To allign our high quility audio recording with our video, we detect an onset event in the audio of the video and allign that with an audio event in our high quality recording. First, extract the audio from videos using audio_from_vid.py, make sure you have a subfolder called "audio_only" where the wav files will be stored.
The next step is to extract the audio-onset times for both the video audio and mic recordings. For this we use Praat.
- Launch the Praat app either from program files or from command line
> "C:\Program Files\Praat.exe"
- Select to open a script within praat and open
getOnsetBatch.praat
- Select Run > Run
- Add path to files to be processed as well as the desired output.txt name. Select OK. You should now find that output file in your working directory.
This will have written a list of dictionaries that we can read in python. You will want to run this script twice, once for video audio and once for mic recorded audio - producing 2 .txt files (i.e. "video_onsets.txt" and "mic_onsets.txt")
Once we know the onset of the sound event in each file, we can trim the audio and video files to start at that event, this can be run using trim_files.py currently this script expects two .txt files to exist in your current working directory "video_onsets.txt" and "mic_onsets.txt". It will then output the trimmed mic recordings and video recordings.
This is also completed in trim_files.py:
video_files = glob('videos\\trimmed\\*mp4')
audio_files = glob('audio\\trimmed\\*wav')
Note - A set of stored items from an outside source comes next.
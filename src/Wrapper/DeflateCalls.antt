-- ===== src/Wrapper/DeflateCalls.antt =====
-- lib/wrapper.c: any calls on a stream for compression, one after the other.
use genwqe_user.Prelude.{ℕ, Bool, false, not, Option, none, some, List, [], ◌∷◌, if◌then◌else◌, ℤ}
use genwqe_user.Zedc.{Flush}
use genwqe_user.Hardware.Buffers.{Zstream}
use genwqe_user.Wrapper.Backend.{Zrc, is_ok, Deflaters, Internal, Out}
use genwqe_user.Wrapper.Deflate

-- The calls that a caller can make. After deflateCopy the caller goes on with the copy or with the
-- source.
pub data Op : Type 0 where
  deflate : Flush → Op
  deflate_reset deflate_end : Op
  deflate_set_dictionary : List ℕ → Op
  deflate_set_header : ℕ → Op
  deflate_prime : ℤ → ℤ → Op
  deflate_params : ℤ → ℕ → Op
  deflate_copy : Bool → Bool → Op

-- A call, with what the caller does to the public fields of the stream before it.
pub record Call : Type 0 where
  pub prepare : Zstream → Zstream
  pub op : Op

-- A call of deflateParams that fails.
abbrev pub breaks : Op → Zrc → Bool
breaks (deflate_params level strategy) rc = not (is_ok rc)
breaks _ rc = false

module _ {H Z : Type 0} (b : Deflaters H Z) where
  unfoldable pub apply : Op → Zstream → Internal H Z → Option (Out H Z)
  apply (deflate flush) strm w = Deflate.deflate b flush strm w
  apply deflate_reset strm w = Deflate.deflate_reset b strm w
  apply deflate_end strm w = Deflate.deflate_end b strm w
  apply (deflate_set_dictionary dict) strm w = Deflate.deflate_set_dictionary b dict strm w
  apply (deflate_set_header head) strm w = Deflate.deflate_set_header b head strm w
  apply (deflate_prime bits value) strm w = Deflate.deflate_prime b bits value strm w
  apply (deflate_copy memory to_copy) strm w = Deflate.deflate_copy b memory to_copy strm w
  apply (deflate_params level strategy) strm w = Deflate.deflate_params b level strategy strm w

  -- A stream without a state is not used any more, nor one whose deflateParams failed.
  unfoldable pub run : List Call → Out H Z → Option (Out H Z)
  unfolding apply
  run [] o = some o
  run (x ∷ xs) o = elim o.state [
    | none ↦ some o
    | some w ↦ elim (apply x.op (x.prepare o.strm) w) [
      | none ↦ none
      | some p ↦ let rest = run xs p in if breaks x.op p.rc then some p else rest
    ]
  ]
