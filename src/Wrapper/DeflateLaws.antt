-- ===== src/Wrapper/DeflateLaws.antt =====
-- lib/wrapper.c: starting, restarting and copying a stream for compression.
use genwqe_user.Prelude.{
  ℕ, zero, suc, ◌≤◌, ◌≡◌, Bool, true, false, not, ◌||◌, Option, none, some, arith, ◌==◌, if-cases,
  ℤ,
}
use genwqe_user.Hardware.Buffers.{Zstream}
use genwqe_user.Wrapper.Backend.{
  Zerr, stream_error, Zrc, is_ok, Impl, sw_impl, hw_impl, Opened, opened, failed, Params, Deflaters,
  Priv, freed, of_hw, of_sw, Config, Internal, Out,
}
use genwqe_user.Wrapper.Deflate
use genwqe_user.Wrapper.DeflateCalls.{Op, breaks}
use genwqe_user.Wrapper.Safety.{
  Matches, Sound, SoundState, Safe, dispatch-cases, through-Safe, OpensIn, wrapped-OpensIn,
}

-- The call is one of the right implementation, and the stream is sound unless deflateParams failed.
abbrev pub Kept : {H Z : Type 0} → Op → Option (Out H Z) → Type 0
Kept op none = ⊥
Kept op (some o) = breaks op o.rc ≡ false → SoundState o.state

abbrev pub Defined : {A : Type 0} → Option A → Type 0
Defined none = ⊥
Defined (some a) = Unit

pub Safe-Kept : {H Z : Type 0} (op : Op) (r : Option (Out H Z)) → Safe r → Kept op r
Safe-Kept op none s = s
Safe-Kept op (some o) s = λ e. s

copied-Sound :
    {H Z X : Type 0} (mk : X → Priv H Z) (to_copy : Bool) (strm : Zstream) (w : Internal H Z)
    (r : Zstream × Opened X × X)
    → ((x : X) → Matches w.impl (mk x))
    → w.dict_length ≤ 32768
    → SoundState (Deflate.copied mk to_copy strm w r).state
copied-Sound mk true strm w (s, opened y, x) m h = (m y, h)
copied-Sound mk false strm w (s, opened y, x) m h = (m x, h)
copied-Sound mk true strm w (s, failed e, x) m h = (m x, h)
copied-Sound mk false strm w (s, failed e, x) m h = (m x, h)

module _ {H Z : Type 0} (b : Deflaters H Z) where
  -- A private state that was opened is one of the implementation that `w` then names.
  abbrev Starts : Zstream × Opened (Priv H Z) × Internal H Z → Type 0
  Starts r = OpensIn r.2.impl r.1 × (r.2.dict_length ≤ 32768)

  try_init-OpensIn :
      (strm : Zstream) (p : Params) (i : Impl) → OpensIn i (Deflate.try_init b strm p i).1
  try_init-OpensIn strm p hw_impl = wrapped-OpensIn of_hw hw_impl (λ x. tt) _
  try_init-OpensIn strm p sw_impl = wrapped-OpensIn of_sw sw_impl (λ x. tt) _

  init_loop-Starts :
      (n : ℕ) (e : Zerr) (strm : Zstream) (w : Internal H Z)
      → w.dict_length ≤ 32768
      → Starts (Deflate.init_loop b n e strm w)
  unfolding Deflate.init_loop OpensIn
  init_loop-Starts zero e strm w h = (tt, h)
  init_loop-Starts (suc n) e strm w h =
      let r = Deflate.try_init b strm (Deflate.params b w) w.impl in
      tried r.1 (try_init-OpensIn strm (Deflate.params b w) w.impl)
        (λ e'. init_loop-Starts n e' r.0 (record w { impl = sw_impl }) h)
    where
      tried :
          (r : Opened (Priv H Z))
          → OpensIn w.impl r
          → ((e' : Zerr)
              → Starts (
                  Deflate.init_loop b n e'
                    (Deflate.try_init b strm (Deflate.params b w) w.impl).0
                    (record w { impl = sw_impl })))
          → Starts (elim r [
            | opened p ↦ ((Deflate.try_init b strm (Deflate.params b w) w.impl).0, opened p, w)
            | failed e' ↦
                Deflate.init_loop b n e'
                  (Deflate.try_init b strm (Deflate.params b w) w.impl).0
                  (record w { impl = sw_impl })
          ])
      tried (opened p) m rest = (m, h)
      tried (failed e') m rest = rest e'

  init_state-Starts :
      (strm : Zstream) (w : Internal H Z)
      → w.dict_length ≤ 32768
      → Starts (Deflate.init_state b strm w)
  init_state-Starts strm w h =
      if-cases (λ v. Starts (Deflate.init_loop b 2 stream_error strm v)) (Deflate.is_zero w.level)
        (λ _. init_loop-Starts 2 stream_error strm _ h)
        (λ _. init_loop-Starts 2 stream_error strm w h)

  started-Sound :
      (r : Zstream × Opened (Priv H Z) × Internal H Z)
      → Starts r
      → SoundState (Deflate.started b r).state
  unfolding OpensIn
  started-Sound (s, opened p, w) h = h
  started-Sound (s, failed e, w) h = tt

  pub init2-Sound :
      (c : Config) (memory : Bool) (p : Params) (strm : Zstream)
      → SoundState (Deflate.deflate_init2 b c memory p strm).state
  unfolding Deflate.deflate_init2
  init2-Sound c memory p strm =
      if-cases (λ (o : Out H Z). SoundState o.state) (not memory) (λ _. tt)
        (λ _.
          let w = Deflate.first_state b c p in
          started-Sound (Deflate.init_state b strm w) (init_state-Starts strm w (omega arith)))

  restarted-Kept :
      (level : ℤ) (strategy : ℕ) (r : Zstream × Opened (Priv H Z) × Internal H Z)
      → Starts r
      → Kept (Op.deflate_params level strategy) (some (Deflate.restarted b r))
  unfolding OpensIn
  restarted-Kept level strategy (s, opened p, w) h = λ e. h
  restarted-Kept level strategy (s, failed x, w) h = λ e. absurd (ground arith)

  restart-Kept :
      (level : ℤ) (strategy : ℕ) (w : Internal H Z) (r : Option (Zrc × Zstream))
      → w.dict_length ≤ 32768
      → Defined r
      → Kept (Op.deflate_params level strategy) (Deflate.restart b w r)
  unfolding Deflate.restart
  restart-Kept level strategy w none h d = d
  restart-Kept level strategy w (some (rc, s)) h d =
      if-cases (Kept (Op.deflate_params level strategy)) (not (is_ok rc))
        (λ x e. absurd (ground arith))
        (λ _.
          let t : Zstream = record s { total_in = 0; total_out = 0 } in
          let w' : Internal H Z = record w { priv_data = freed } in
          restarted-Kept level strategy (Deflate.init_state b t w') (init_state-Starts t w' h))

  pub end_state-Defined :
      (strm : Zstream) (w : Internal H Z) → Sound w → Defined (Deflate.end_state b strm w)
  unfolding Deflate.end_state
  end_state-Defined strm w s =
      dispatch-cases Defined (b.hw.deflate_end strm) (b.sw.deflate_end strm) w.impl w.priv_data s.0
        (λ x e. tt) (λ x e. tt)

  pub ended-Safe : (r : Option (Zrc × Zstream)) → Defined r → Safe (Deflate.ended b r)
  ended-Safe none d = d
  ended-Safe (some (rc, s)) d = tt

  by_impl-cases :
      (P : Option (Out H Z) → Type 0) (i : Impl) {h z : Option (Out H Z)}
      → P h
      → P z
      → P (Deflate.by_impl b i h z)
  by_impl-cases P hw_impl x y = x
  by_impl-cases P sw_impl x y = y

  pub params-Kept :
      (level : ℤ) (strategy : ℕ) (strm : Zstream) (w : Internal H Z)
      → Sound w
      → Kept (Op.deflate_params level strategy) (Deflate.deflate_params b level strategy strm w)
  unfolding Deflate.deflate_params
  params-Kept level strategy strm w s =
      let op = Op.deflate_params level strategy in
      let w' : Internal H Z = record w { level = level; strategy = strategy } in
      by_impl-cases (Kept op) w.impl
        (if-cases (Kept op) (not (strm.total_in == 0) || not (Deflate.is_zero level)) (λ _ e. s)
          (λ _.
            restart-Kept level strategy w' (Deflate.end_state b strm w') s.1
              (end_state-Defined strm w' s)))
        (Safe-Kept op _ (through-Safe _ (b.deflate_params level strategy strm) w' s))

  pub copy-Safe :
      (memory to_copy : Bool) (strm : Zstream) (w : Internal H Z)
      → Sound w
      → Safe (Deflate.deflate_copy b memory to_copy strm w)
  unfolding Deflate.deflate_copy
  copy-Safe memory to_copy strm w s =
      if-cases Safe (not memory) (λ _. s)
        (λ _.
          dispatch-cases Safe (λ x. Deflate.copied of_hw to_copy strm w (b.hw.deflate_copy strm x))
            (λ x. Deflate.copied of_sw to_copy strm w (b.sw.deflate_copy strm x)) w.impl w.priv_data
            s.0
            (λ x e. copied-Sound of_hw to_copy strm w (b.hw.deflate_copy strm x) (λ y. rw e tt) s.1)
            (λ x e.
              copied-Sound of_sw to_copy strm w (b.sw.deflate_copy strm x) (λ y. rw e tt) s.1))
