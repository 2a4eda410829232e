-- ===== src/Wrapper/DeflateRuns.antt =====
-- lib/wrapper.c: runs of calls on a stream for compression.
use genwqe_user.Prelude.{Bool, Option, none, some, List, [], ◌∷◌, if◌then◌else◌, if-cases}
use genwqe_user.Hardware.Buffers.{Zstream}
use genwqe_user.Wrapper.Backend.{Params, Deflaters, Config, Internal, Out}
use genwqe_user.Wrapper.Deflate
use genwqe_user.Wrapper.DeflateCalls.{Op, Call, breaks}
use genwqe_user.Wrapper.DeflateCalls
use genwqe_user.Wrapper.Safety.{Sound, SoundState, through-Safe}
use genwqe_user.Wrapper.DeflateLaws.{
  Kept, Defined, Safe-Kept, init2-Sound, params-Kept, copy-Safe, end_state-Defined, ended-Safe,
}

module _ {H Z : Type 0} (b : Deflaters H Z) where
  apply-Kept :
      (op : Op) (strm : Zstream) (w : Internal H Z)
      → Sound w
      → Kept op (DeflateCalls.apply b op strm w)
  unfolding DeflateCalls.apply Deflate.deflate Deflate.deflate_reset Deflate.deflate_end
      Deflate.deflate_set_dictionary Deflate.deflate_set_header Deflate.deflate_prime
  apply-Kept (Op.deflate flush) strm w s =
      Safe-Kept (Op.deflate flush) _
        (through-Safe (b.hw.deflate flush strm) (b.sw.deflate flush strm) w s)
  apply-Kept Op.deflate_reset strm w s =
      Safe-Kept Op.deflate_reset _
        (through-Safe (b.hw.deflate_reset strm) (b.sw.deflate_reset strm) w s)
  apply-Kept Op.deflate_end strm w s =
      Safe-Kept Op.deflate_end _
        (ended-Safe b (Deflate.end_state b strm w) (end_state-Defined b strm w s))
  apply-Kept (Op.deflate_set_dictionary dict) strm w s =
      Safe-Kept (Op.deflate_set_dictionary dict) _ (
        through-Safe (b.hw.deflate_set_dictionary dict strm) (b.sw.deflate_set_dictionary dict strm)
          w s)
  apply-Kept (Op.deflate_set_header head) strm w s =
      Safe-Kept (Op.deflate_set_header head) _
        (through-Safe (b.hw.deflate_set_header head strm) (b.sw.deflate_set_header head strm) w s)
  apply-Kept (Op.deflate_prime bits value) strm w s =
      Safe-Kept (Op.deflate_prime bits value) _
        (through-Safe _ (b.deflate_prime bits value strm) w s)
  apply-Kept (Op.deflate_copy memory to_copy) strm w s =
      Safe-Kept (Op.deflate_copy memory to_copy) _ (copy-Safe b memory to_copy strm w s)
  apply-Kept (Op.deflate_params level strategy) strm w s = params-Kept b level strategy strm w s

  calls-Defined :
      (xs : List Call) (o : Out H Z) → SoundState o.state → Defined (DeflateCalls.run b xs o)
  unfolding DeflateCalls.run
  calls-Defined [] o s = tt
  calls-Defined (x ∷ xs) o s =
      with_state o.state s (λ w. apply-Kept x.op (x.prepare o.strm) w) (λ p. calls-Defined xs p)
    where
      next :
          (r : Option (Out H Z))
          → Kept x.op r
          → ((p : Out H Z) → SoundState p.state → Defined (DeflateCalls.run b xs p))
          → Defined (elim r [
            | none ↦ none
            | some p ↦
                let rest = DeflateCalls.run b xs p in if breaks x.op p.rc then some p else rest
          ])
      next none k g = k
      next (some p) k g = if-cases Defined (breaks x.op p.rc) (λ _. tt) (λ e. g p (k e))

      with_state :
          (st : Option (Internal H Z))
          → SoundState st
          → ((w : Internal H Z)
              → Sound w
              → Kept x.op (DeflateCalls.apply b x.op (x.prepare o.strm) w))
          → ((p : Out H Z) → SoundState p.state → Defined (DeflateCalls.run b xs p))
          → Defined (elim st [
            | none ↦ some o
            | some w ↦ elim (DeflateCalls.apply b x.op (x.prepare o.strm) w) [
              | none ↦ none
              | some p ↦
                  let rest = DeflateCalls.run b xs p in if breaks x.op p.rc then some p else rest
            ]
          ])
      with_state none t f g = tt
      with_state (some w) t f g = next (DeflateCalls.apply b x.op (x.prepare o.strm) w) (f w t) g

  -- Over any hardware and software implementation, and after deflateInit2_ with any parameters,
  -- any calls of deflate and the other functions on the stream, with any change of the public
  -- fields between them, up to a call of deflateParams that fails, call an implementation only
  -- with a private state that this implementation gave and that was not freed.
  pub run-Defined :
      (c : Config) (memory : Bool) (p : Params) (strm : Zstream) (xs : List Call)
      → Defined (DeflateCalls.run b xs (Deflate.deflate_init2 b c memory p strm))
  run-Defined c memory p strm xs = calls-Defined xs _ (init2-Sound b c memory p strm)
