-- ===== src/Wrapper/DeflateTests.antt =====
-- Compression through the wrapper of lib/wrapper.c on concrete calls.
use genwqe_user.Prelude.{ℕ, ◌+◌, ◌≡◌, refl, Option, true, none, some, List, [], ◌∷◌, length, pos}
use genwqe_user.Zedc.{no_flush, finish}
use genwqe_user.Hardware.Buffers.{Zstream}
use genwqe_user.Wrapper.Backend.{
  ok, mem_error, hw_impl, opened, failed, Deflater, Deflaters, Params, Config, Internal, Out, of_hw,
}
use genwqe_user.Wrapper.Deflate
use genwqe_user.Wrapper.DeflateCalls.{Op, Call}
use genwqe_user.Wrapper.DeflateCalls
use genwqe_user.Wrapper.DeflateLaws.{Defined}
use genwqe_user.Wrapper.DeflateRuns.{run-Defined}

-- Takes all input; the private state counts the calls.
abbrev counting : Deflater ℕ
counting = record {
  deflate_init2 = λ p s. (s, opened 0);
  deflate = λ f s x. (ok, record s { input = []; total_in = s.total_in + length s.input }, x + 1);
  deflate_reset = λ s x. (ok, s, 0);
  deflate_set_dictionary = λ dict s x. (ok, s, x);
  deflate_set_header = λ head s x. (ok, s, x);
  deflate_copy = λ s x. (s, opened x, x);
  deflate_end = λ s x. (ok, s);
}

abbrev both : Deflaters ℕ ℕ
both = record {
  hw = counting;
  sw = counting;
  deflate_prime = λ bits value s x. (ok, s, x);
  deflate_params = λ level strategy s x. (ok, s, x);
}

-- Software that gets no memory.
abbrev without_memory : Deflaters ℕ ℕ
without_memory = record both {
  sw = record counting { deflate_init2 = λ p s. (s, failed mem_error) };
}

abbrev config : Config
config = record { impl = hw_impl; threshold = 16384 }

abbrev level_6 : Params
level_6 = record { level = pos 6; method = 8; window_bits = pos 15; mem_level = 8; strategy = 0 }

abbrev empty : Zstream
empty = record { input = []; total_in = 0; output = []; avail_out = 100; total_out = 0; adler = 0 }

-- deflateParams with level 0, some input, and the end.
abbrev calls : List Call
calls =
    record { prepare = λ s. s; op = Op.deflate_params (pos 0) 0 }
    ∷ record { prepare = λ s. record s { input = 1 ∷ 2 ∷ [] }; op = Op.deflate no_flush }
    ∷ record { prepare = λ s. s; op = Op.deflate_copy true true }
    ∷ record { prepare = λ s. s; op = Op.deflate finish }
    ∷ record { prepare = λ s. s; op = Op.deflate_end }
    ∷ []

run-Defined_example :
    Defined (DeflateCalls.run both calls (Deflate.deflate_init2 both config true level_6 empty))
run-Defined_example = run-Defined both config true level_6 empty calls

-- When deflateParams cannot start software, it fails, and the next call gets a private state that
-- was freed.
abbrev next_call : Option (Out ℕ ℕ) → Option (Out ℕ ℕ)
next_call none = none
next_call (some o) = elim o.state [
  | none ↦ some o
  | some w ↦ Deflate.deflate without_memory no_flush o.strm w
]

abbrev started : Internal ℕ ℕ
started = record (Deflate.first_state without_memory config level_6) { priv_data = of_hw 0 }

uses_freed : next_call (Deflate.deflate_params without_memory (pos 0) 0 empty started) ≡ none
unfolding Deflate.deflate Deflate.deflate_params Deflate.restart Deflate.end_state Deflate.init_loop
uses_freed = refl
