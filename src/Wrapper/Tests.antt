-- ===== src/Wrapper/Tests.antt =====
-- The wrapper of lib/wrapper.c on concrete calls, over implementations that only count.
use genwqe_user.Prelude.{
  ℕ, ◌+◌, ◌≡◌, refl, true, false, Option, none, some, List, [], ◌∷◌, arith, length, pos,
}
use genwqe_user.Zedc.{no_flush}
use genwqe_user.Hardware.Buffers.{Zstream}
use genwqe_user.Wrapper.Backend.{
  ok, Impl, sw_impl, hw_impl, opened, Backend, Backends, Config, Internal, Out, of_hw,
}
use genwqe_user.Wrapper.Inflate
use genwqe_user.Wrapper.Switch
use genwqe_user.Wrapper.Calls.{Op, Call}
use genwqe_user.Wrapper.Calls
use genwqe_user.Wrapper.Safety.{Safe}
use genwqe_user.Wrapper.CallLaws.{run-Safe}

-- Takes all input; the private state counts the calls.
abbrev counting : Backend ℕ
counting = record {
  inflate_init2 = λ bits s. (s, opened 0);
  inflate = λ f s x. (ok, record s { input = []; total_in = s.total_in + length s.input }, x + 1);
  inflate_reset = λ s x. (ok, s, 0);
  inflate_reset2 = λ bits s x. (ok, s, 0);
  inflate_set_dictionary = λ dict s x. (ok, s, x);
  inflate_get_dictionary = λ x. (ok, []);
  inflate_get_header = λ head s x. (ok, s, x);
  inflate_end = λ s x. (ok, s);
}

abbrev both : Backends ℕ ℕ
both = record {
  hw = counting;
  sw = counting;
  inflate_prime = λ bits value s x. (ok, s, x);
  inflate_sync = λ s x. (ok, s, x);
  has_get_dictionary = false;
}

abbrev config : Config
config = record { impl = hw_impl; threshold = 16384 }

abbrev empty : Zstream
empty = record { input = []; total_in = 0; output = []; avail_out = 100; total_out = 0; adler = 0 }

abbrev given : List ℕ → Zstream → Zstream
given bytes s = record s { input = bytes }

-- Little input, a dictionary, a reset, and the end.
abbrev calls : List Call
calls =
    record { prepare = given (1 ∷ 2 ∷ 3 ∷ []); op = Op.inflate no_flush }
    ∷ record { prepare = given []; op = Op.inflate_set_dictionary (7 ∷ []) }
    ∷ record { prepare = given []; op = Op.inflate_get_dictionary }
    ∷ record { prepare = given []; op = Op.inflate_reset2 (pos 15) }
    ∷ record { prepare = given (4 ∷ []); op = Op.inflate no_flush }
    ∷ record { prepare = given []; op = Op.inflate_end }
    ∷ []

run-Safe_example :
    Safe
      (Calls.run both config calls (Inflate.inflate_init2 both config (true, true) (pos 15) empty))
run-Safe_example =
    run-Safe both config (true, true) (pos 15) empty calls
      (record { of_hw = λ x. omega arith; of_sw = λ x. omega arith })
      (tt, (omega arith, (tt, (tt, (tt, (tt, tt))))))

impl_after : Option (Out ℕ ℕ) → Option Impl
impl_after none = none
impl_after (some o) = elim o.state [ none ↦ none | some w ↦ some w.impl ]

abbrev on_hardware : Internal ℕ ℕ
on_hardware = record {
  impl = hw_impl;
  priv_data = of_hw 0;
  allow_switching = true;
  level = pos 0;
  method = 0;
  mem_level = 0;
  strategy = 0;
  window_bits = pos 15;
  gzhead = some 1;
  dictionary = [];
  dict_length = 0;
}

-- With three bytes of input, hardware gives way to software.
goes_soft :
    impl_after (Switch.inflate both config no_flush (given (1 ∷ 2 ∷ 3 ∷ []) empty) on_hardware)
    ≡ some sw_impl
unfolding impl_after Switch.inflate Switch.target Switch.reopen Switch.close_old
    Inflate.inflate_get_dictionary Inflate.inflate_get_header Inflate.end_state Inflate.init_loop
goes_soft = refl

-- inflateReset2 keeps the header of before, inflateReset does not.
head_after : Option (Out ℕ ℕ) → Option ℕ
head_after none = none
head_after (some o) = elim o.state [ none ↦ none | some w ↦ w.gzhead ]

keeps_head : head_after (Inflate.inflate_reset2 both (pos 15) empty on_hardware) ≡ some 1
unfolding head_after Inflate.inflate_reset2
keeps_head = refl

drops_head : head_after (Inflate.inflate_reset both empty on_hardware) ≡ none
unfolding head_after Inflate.inflate_reset
drops_head = refl

-- After a dictionary of more than 32 KiB in software, inflateGetDictionary reads behind the copy.
reads_behind : Inflate.read_copy both (record on_hardware { dict_length = 32769 }) ≡ none
reads_behind = refl
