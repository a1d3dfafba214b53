-- ===== src/Batch/Others.antt =====
-- What a run leaves alone: the reviews of none of its groups.
use dost_review_api.Prelude.{
  ◌≡◌, refl, ◌∙◌, Bool, true, false, List, [], ◌∷◌, arith, Bool-cases, inl, inr,
}
use dost_review_api.Models.{Uuid}
use dost_review_api.Review.{Row, find}
use dost_review_api.Batch.Database.{elem, Reply, engine_error, output, Output}
use dost_review_api.Batch.Claim.{Group}
use dost_review_api.Batch.Engine.{
  Settings, Env, Attempt, in_try, in_except, Work, Ended, finished, raised, fail_row, handle_failed,
  ids_of, commit_profile, will_retry_of, engine_input, try_profile, and_then, after_reply, recover,
  process_profile, run_profiles,
}
use dost_review_api.Batch.Failures.{find-fail_row}
use dost_review_api.Batch.Results.{find-commit}
use dost_review_api.Batch.Held.{group_ids}
use dost_review_api.Batch.Updates.{elem-append}

-- The work of a run on other reviews leaves this one alone.
module _ (settings : Settings) (env : Env) (k : Uuid) where
  abbrev Same : Work → Work → Type 0
  Same w w' = find k w'.db.reviews ≡ find k w.db.reviews

  handle_failed-Same :
      (attempt : Attempt) (will_retry : Bool) (rows : List Row) (w : Work)
      → elem k (ids_of rows) ≡ false
      → Same w (handle_failed settings env attempt will_retry rows w).1
  unfolding handle_failed elem
  handle_failed-Same attempt will_retry [] w h = refl
  handle_failed-Same attempt will_retry (row ∷ rows) w h = ground (
    arith,
    find-fail_row settings env will_retry row k w,
    handle_failed-Same attempt will_retry rows (fail_row settings env.now will_retry row w),
  )

  commit-Same :
      (group : Group) (o : Output) (w : Work)
      → elem k (ids_of group.1) ≡ false
      → Same w (commit_profile env group o w).1
  unfolding commit_profile
  commit-Same group o w h = ground (arith, find-commit env.now (ids_of group.1) k w.db.reviews)

  reply-Same :
      (group : Group) (reply : Reply) (w : Work)
      → elem k (ids_of group.1) ≡ false
      → Same w (after_reply settings env group reply w).1
  unfolding after_reply
  reply-Same group Reply.raises w h = refl
  reply-Same group (engine_error wr) w h = handle_failed-Same in_try (will_retry_of wr) group.1 w h
  reply-Same group (output o) w h = commit-Same group o w h

  recover-Same :
      (group : Group) (w : Work) (r : Ended × Work)
      → elem k (ids_of group.1) ≡ false
      → Same w r.1
      → Same w (recover settings env group r).1
  unfolding recover
  recover-Same group w (finished, w') h e = e
  recover-Same group w (raised, w') h e = handle_failed-Same in_except true group.1 w' h ∙ e

  pub process_profile-Same :
      (group : Group) (w : Work)
      → elem k (ids_of group.1) ≡ false
      → Same w (process_profile settings env group w).1
  unfolding process_profile try_profile
  process_profile-Same group w h = elim (Bool-cases (env.load_fails group.0)) [
    | inl stops ↦ rw stops (recover-Same group w (raised, w) h refl)
    | inr goes_on ↦
        let reply : Reply =
          env.process_reputation (engine_input group.0 group.1 w.db.reputations) in
        rw goes_on (
          recover-Same group w (after_reply settings env group reply w) h
            (reply-Same group reply w h))
  ]

  and_then-Same :
      (next : Work → Ended × Work) (w : Work) (r : Ended × Work)
      → ((w' : Work) → Same w' (next w').1)
      → Same w r.1
      → Same w (and_then next r).1
  unfolding and_then
  and_then-Same next w (finished, w') step e = step w' ∙ e
  and_then-Same next w (raised, w') step e = e

  pub run_profiles-Same :
      (groups : List Group) (w : Work)
      → elem k (group_ids groups) ≡ false
      → Same w (run_profiles settings env groups w).1
  unfolding run_profiles
  run_profiles-Same [] w h = refl
  run_profiles-Same (g ∷ groups) w h =
      and_then-Same (run_profiles settings env groups) w (process_profile settings env g w)
        (λ w'.
          run_profiles-Same groups w'
            (ground (arith, h, elem-append k (ids_of g.1) (group_ids groups))))
        (process_profile-Same g w
          (ground (arith, h, elem-append k (ids_of g.1) (group_ids groups))))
video_outpath = "videos\\audio_replaced\\"
for i, video in enumerate(video_files):
# replace the audio of the video with the high quality mic recording
out_name = video_outpath + video.split("\\")[2].split(".")[0] + "_micaudio.mp4"
command = " ffmpeg -i {0} -i {1} -c:v copy -map 0:v:0 -map 1:a:0 {2}".format(video, audio_files[i], out_name)
print(command)
os.system(command)
The corresponding final files are stored to videos\\audio_replaced
and there you have it! video recordings with high quality mic audio!